One of the optimizations Catalyst performs is _predicate pushdown_. It is easiest to show this mechanism by means of the example above. We can have Spark _explain_ to us what a logical and physical plan look like for a given query, using the [`explain`](https://spark.apache.org/docs/latest/api/python/pyspark.sql.html#pyspark.sql.DataFrame.explain) method:

In [50]:
phone_df \
    .join(company_df, phone_df['brand'] == company_df['company_name']) \
    .filter(company_df['hq_country'] == 'USA') \
    .filter(phone_df['stock'] > 7) \
    .select('model') \
    .explain(extended=True)

== Parsed Logical Plan ==
'Project [unresolvedalias('model, None)]
+- Filter (stock#11L > cast(7 as bigint))
   +- Filter (hq_country#937 = USA)
      +- Join Inner, (brand#10 = company_name#936)
         :- LogicalRDD [model#9, brand#10, stock#11L, unit_price#12]
         +- LogicalRDD [company_name#936, hq_country#937, founding_year#938L, ceo#939]

== Analyzed Logical Plan ==
model: string
Project [model#9]
+- Filter (stock#11L > cast(7 as bigint))
   +- Filter (hq_country#937 = USA)
      +- Join Inner, (brand#10 = company_name#936)
         :- LogicalRDD [model#9, brand#10, stock#11L, unit_price#12]
         +- LogicalRDD [company_name#936, hq_country#937, founding_year#938L, ceo#939]
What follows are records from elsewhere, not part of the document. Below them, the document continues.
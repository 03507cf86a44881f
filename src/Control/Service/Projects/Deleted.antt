-- ===== src/Control/Service/Projects/Deleted.antt =====
-- engine/control/service.ts, deleteProject: a project that is being deleted is closed to requests.
use mathlib.Core.Path.{subst}
use forge_ai.Prelude.{
  ℕ, ◌≡◌, refl, sym, ap, ◌∙◌, ◌⊎◌, arith, inl, inr, Bool, true, false, ◌&&◌, not, Option, none,
  some, List, [], ◌∷◌, ok, err, All, All-update, find, find-true, keep, is_some, ◌==◌, ◌!=◌, ==_iff,
  Bool-cases, Option-cases, not_found, revision_mismatch,
}
use forge_ai.Control.Tables.{World, JobRow, ProjectRow, PreviewRow, is_ready}
use forge_ai.Control.Tx.{
  Environment, Tx, one, ◌>>=◌, ◌>>◌, return, reject_if, one_or, one_or-split, one_or-none,
  one_or-some, reject_if-split, >>=-split, >>=-err, >>=-ok, ok_pair,
}
use forge_ai.Contracts.Review.{Role}
use forge_ai.Control.State.{job_is, audit}
use forge_ai.Control.Service.{project, cancel_job}
use forge_ai.Control.Service.Approval.{ApproveInput, PromoteInput, approve_job}
use forge_ai.Control.Service.Admission.{unfinished}
use forge_ai.Control.Service.Projects.{
  ProjectPatch, project_is, patch, delete, cancel_each, close_project, mark_deleting, stop_ready,
}

abbrev open_project : ℕ → ProjectRow → Bool
open_project id p = project_is id p && not (is_some p.deleting_at)

abbrev shown : ℕ → PreviewRow → Bool
shown id x = x.project_id == id && is_ready x.state

-- A stored job of another project.
abbrev pub is_elsewhere : ℕ → Option JobRow → Bool
is_elsewhere id none = false
is_elsewhere id (some j) = j.project_id != id

-- A project that is closed to requests: it is not found, and none of its previews is shown.
pub record Closed (env : Environment) (id : ℕ) (v : World) : Type 0 where
  pub gone : project env id v ≡ err not_found
  pub no_patch :
      (actor revision : ℕ) (body : ProjectPatch)
      → patch env id actor revision body v ≡ err not_found
  pub no_delete : (actor revision : ℕ) → delete env id actor revision v ≡ err not_found
  pub no_cancel :
      (job actor : ℕ)
      → (is_elsewhere id (find (job_is job) v.jobs) ≡ true)
        ⊎ (cancel_job env job actor v ≡ err not_found)
  pub no_approval :
      (job actor : ℕ) (role : Role) (body : ApproveInput) (binding : Option PromoteInput)
      → (is_elsewhere id (find (job_is job) v.jobs) ≡ true)
        ⊎ (approve_job env job actor role body binding v ≡ err not_found)
  pub previews : All (λ x. shown id x ≡ false) v.previews

All-find :
    {A : Type 0} (P : A → Type 0) (p : A → Bool) (xs : List A) (x : A)
    → All P xs
    → find p xs ≡ some x
    → P x
All-find P p [] x h e = absurd (ground (arith, e))
All-find P p (y ∷ ys) x (h, hs) e = elim (Bool-cases (p y)) [
  | inl a ↦ here (rw a at e)
  | inr a ↦ All-find P p ys x hs (rw a at e)
]
  where
    some_eq : some y ≡ some x → y ≡ x
    some_eq q = cc

    here : some y ≡ some x → P x
    here q = subst P (some_eq q) h

closed_project : (id now : ℕ) (p : ProjectRow) → open_project id (mark_deleting now p) ≡ false
closed_project id now p = ground arith

stopped_preview : (id : ℕ) (x : PreviewRow) → shown id (stop_ready id x) ≡ false
stopped_preview id x = elim (Bool-cases (x.project_id == id && is_ready x.state)) [
  | inl h ↦ rw h (ground arith)
  | inr h ↦ rw h h
]

other_project : (id : ℕ) (p : ProjectRow) → project_is id p ≡ false → open_project id p ≡ false
other_project id p e = ground (arith, e)

other_preview : (id : ℕ) (x : PreviewRow) → (x.project_id == id) ≡ false → shown id x ≡ false
other_preview id x e = ground (arith, e)

close_project-closed :
    (env : Environment) (p : ProjectRow) (actor : ℕ) (w : World)
    → (v : World) × (close_project env p actor w ≡ ok (tt, v))
      × All (λ x. open_project p.id x ≡ false) v.projects
      × All (λ x. shown p.id x ≡ false) v.previews
unfolding close_project audit
close_project-closed env p actor w = (
  _,
  refl,
  All-update (λ x. open_project p.id x ≡ false) (project_is p.id)
      (mark_deleting (env.clock w.reads)) w.projects
      (λ x e. closed_project p.id (env.clock w.reads) x) (λ x e. other_project p.id x e),
  All-update (λ x. shown p.id x ≡ false) (λ (x : PreviewRow). x.project_id == p.id)
      (stop_ready p.id) w.previews (λ x e. stopped_preview p.id x) (λ x e. other_preview p.id x e),
)

deleting_test :
    (id : ℕ) (p : ProjectRow)
    → open_project id p ≡ false
    → project_is id p ≡ true
    → is_some p.deleting_at ≡ true
deleting_test id p a b = ground (arith, a, b)

project-closed :
    (env : Environment) (id : ℕ) (v : World)
    → All (λ x. open_project id x ≡ false) v.projects
    → project env id v ≡ err not_found
unfolding project
project-closed env id v h = elim (Option-cases (find (project_is id) v.projects)) [
  | inl f ↦
      >>=-err (one_or not_found (λ w. find (project_is id) w.projects)) _ v not_found
        (one_or-none not_found (λ w. find (project_is id) w.projects) v f)
  | inr (p, f) ↦
      >>=-ok (one_or not_found (λ w. find (project_is id) w.projects))
        (λ q. reject_if (is_some q.deleting_at) not_found >> return q) v v p
        (one_or-some not_found (λ w. find (project_is id) w.projects) v p f)
      ∙ rw
          (deleting_test id p
            (All-find (λ x. open_project id x ≡ false) (project_is id) v.projects p h f)
            (find-true (project_is id) v.projects p f))
          refl
]

-- A project that is found is the one that was asked for.
project-id :
    (env : Environment) (i : ℕ) (w v : World) (p : ProjectRow)
    → project env i w ≡ ok (p, v)
    → p.id ≡ i
unfolding project
project-id env i w v p e =
    let (q, f, e1) = one_or-split not_found (λ x. find (project_is i) x.projects) _ w v p e in
    let (kept, e2) = reject_if-split (is_some q.deleting_at) not_found _ w v p e1 in
    let (same, world) = ok_pair {a = q} {w = w} e2 in
    ap (λ (x : ProjectRow). x.id) same ∙ (==_iff q.id i).0 (find-true (project_is i) w.projects q f)

same_project : (a b : ℕ) → (a != b) ≡ false → a ≡ b
same_project a b e = ground (arith, e)

-- What begins with the lookup of a job and of its project finds no project that is closed.
job-closed :
    (env : Environment) (id : ℕ) (v : World)
    → project env id v ≡ err not_found
    → (job : ℕ) {A : Type 0} (f : JobRow → ProjectRow → Tx A)
    → (is_elsewhere id (find (job_is job) v.jobs) ≡ true)
      ⊎ ((one (λ w. find (job_is job) w.jobs) >>= (λ j. project env j.project_id >>= f j)) v
          ≡ err not_found)
job-closed env id v gone job f = elim (Option-cases (find (job_is job) v.jobs)) [
  | inl q ↦ inr (
      >>=-err (one (λ w. find (job_is job) w.jobs)) _ v not_found
        (one_or-none not_found (λ w. find (job_is job) w.jobs) v q))
  | inr (j, q) ↦ elim (Bool-cases (j.project_id != id)) [
    | inl b ↦ inl (rw q b)
    | inr b ↦ inr (
        >>=-ok (one (λ w. find (job_is job) w.jobs)) _ v v j
          (one_or-some not_found (λ w. find (job_is job) w.jobs) v j q)
        ∙ >>=-err (project env j.project_id) (f j) v not_found
            (rw (same_project j.project_id id b) gone))
  ]
]

-- After a project is deleted, looking it up finds nothing: the actions that patch it, delete it, or
-- cancel or approve a job of it answer that it is not found, and none of its previews is left ready.
pub delete-Closed :
    (env : Environment) (id actor revision : ℕ) (w v : World)
    → delete env id actor revision w ≡ ok (tt, v)
    → Closed env id v
unfolding delete patch cancel_job approve_job
delete-Closed env id actor revision w v e =
    let (p, u, found, e1) = >>=-split (project env id) _ w v tt e in
    let (current, e2) = reject_if-split (p.revision != revision) revision_mismatch _ u v tt e1 in
    let jobs = keep (λ (j : JobRow). j.project_id == id && unfinished j) u.jobs in
    let (done, x, cancelled, e3) = >>=-split (cancel_each env jobs) _ u v tt e2 in
    let (y, closed, projects, previews) = close_project-closed env p actor x in
    let (nothing, world) = ok_pair {a = tt} {w = y} (sym closed ∙ e3) in
    let same = project-id env id w u p found in
    let gone = project-closed env id v (
      subst (λ i. All (λ q. open_project i q ≡ false) v.projects) same
        (subst (λ (z : World). All (λ q. open_project p.id q ≡ false) z.projects) (sym world)
          projects)) in
    record {
      gone = gone;
      no_patch = λ a r b. >>=-err (project env id) _ v not_found gone;
      no_delete = λ a r. >>=-err (project env id) _ v not_found gone;
      no_cancel = λ job b. job-closed env id v gone job _;
      no_approval = λ job b role body binding. job-closed env id v gone job _;
      previews =
          subst (λ i. All (λ q. shown i q ≡ false) v.previews) same
            (subst (λ (z : World). All (λ q. shown p.id q ≡ false) z.previews) (sym world)
              previews);
    }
== Optimized Logical Plan ==
Project [model#9]
+- Join Inner, (brand#10 = company_name#936)
   :- Project [model#9, brand#10]
   :  +- Filter ((isnotnull(stock#11L) && (stock#11L > 7)) && isnotnull(brand#10))
   :     +- LogicalRDD [model#9, brand#10, stock#11L, unit_price#12]
   +- Project [company_

The first block of text is on **the parsed logical plan**. Each plan is a tree of operations, where operations in the leafs of the tree (the right-most entries) are executed first. As you can see, the parsed logical plan will involve a join on two `LogicalRDD` objects (the company and phone data frames), after which there are two filter operations. In sequence, they filter the `hq_country` column, followed by the `stock` column.

After resolving references for the query strings, we end up with the **analyzed logical plan**. Please note that the `unresolvedalias('model` in the parsed logical plan is now resolved to its appropriate type (`string`). Also note that the tree of operations is not changed going from parsed to analyzed logical plan.

Catalyst will now optimize the logical plan. In this case, Catalyst will notice that the two filter operations (`hq_country` on `company_df`) and (`stock` on `phone_df`) are performed _after joining_. However, since both operations only use columns from their own data frame, these filter operations can be performed **before** joining. In this way, the result of the filter operations are much smaller tables, and the resulting join will be much quicker to do as well. <br>
Catalyst will move these filter operations down into the operations tree, such that we will filter first, and join later. This is known as _predicate pushdown_, and its effect can be seen in the **optimized logical plan**. The `Join Inner` on the second line of the plan will now contain two subtrees, one filtering the `company_df` data frame, the other filtering the `phone_df` data frame.

Predicate pushdown is just one of the optimizations Catalyst can perform. Also, if the execution of a query takes an inordinate amount of time, it may help to use the [`explain`](https://spark.apache.org/docs/latest/api/python/pyspark.sql.html#pyspark.sql.DataFrame.explain) method to see its logical and physical plans.

## Assignment 7

The problem below was taken from Coursera's MOOC [Big Data Analysis with Scala and Spark](https://www.coursera.org/learn/scala-spark-big-data) by the École Polytechnique Fédérale de Lausanne. We adapted the problem for PySpark, and extended it.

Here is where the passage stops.